▸ Directions for this task
Every record here needs to be retyped exactly.

Recorded data
[Start of Attachment]

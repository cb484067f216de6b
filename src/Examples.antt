-- ===== src/Examples.antt =====
-- Concrete inputs: instances of the interfaces, and the theorems applied at them.
pub mod Database
pub mod Library
mod Stores
mod Outgoing
mod Process
mod Receive
mod Link
mod PreKeys
pub mod Wire
pub mod Provision
pub mod LinkDevice
pub mod Reconnect
mod OwnIdentity
mod Upgrade
mod App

[End of Attachment]

▸ Solution to the exercise
repository cb484067f216de6b
filename src/Examples.antt
-- ===== src/Examples.antt =====
-- Concrete inputs: instances of the interfaces, and the theorems applied at them.
pub mod Database
pub mod Library
mod Stores
mod Outgoing
mod Process
mod Receive
mod Link
mod PreKeys
pub mod Wire
pub mod Provision
pub mod LinkDevice
pub mod Reconnect
mod OwnIdentity
mod Upgrade
mod App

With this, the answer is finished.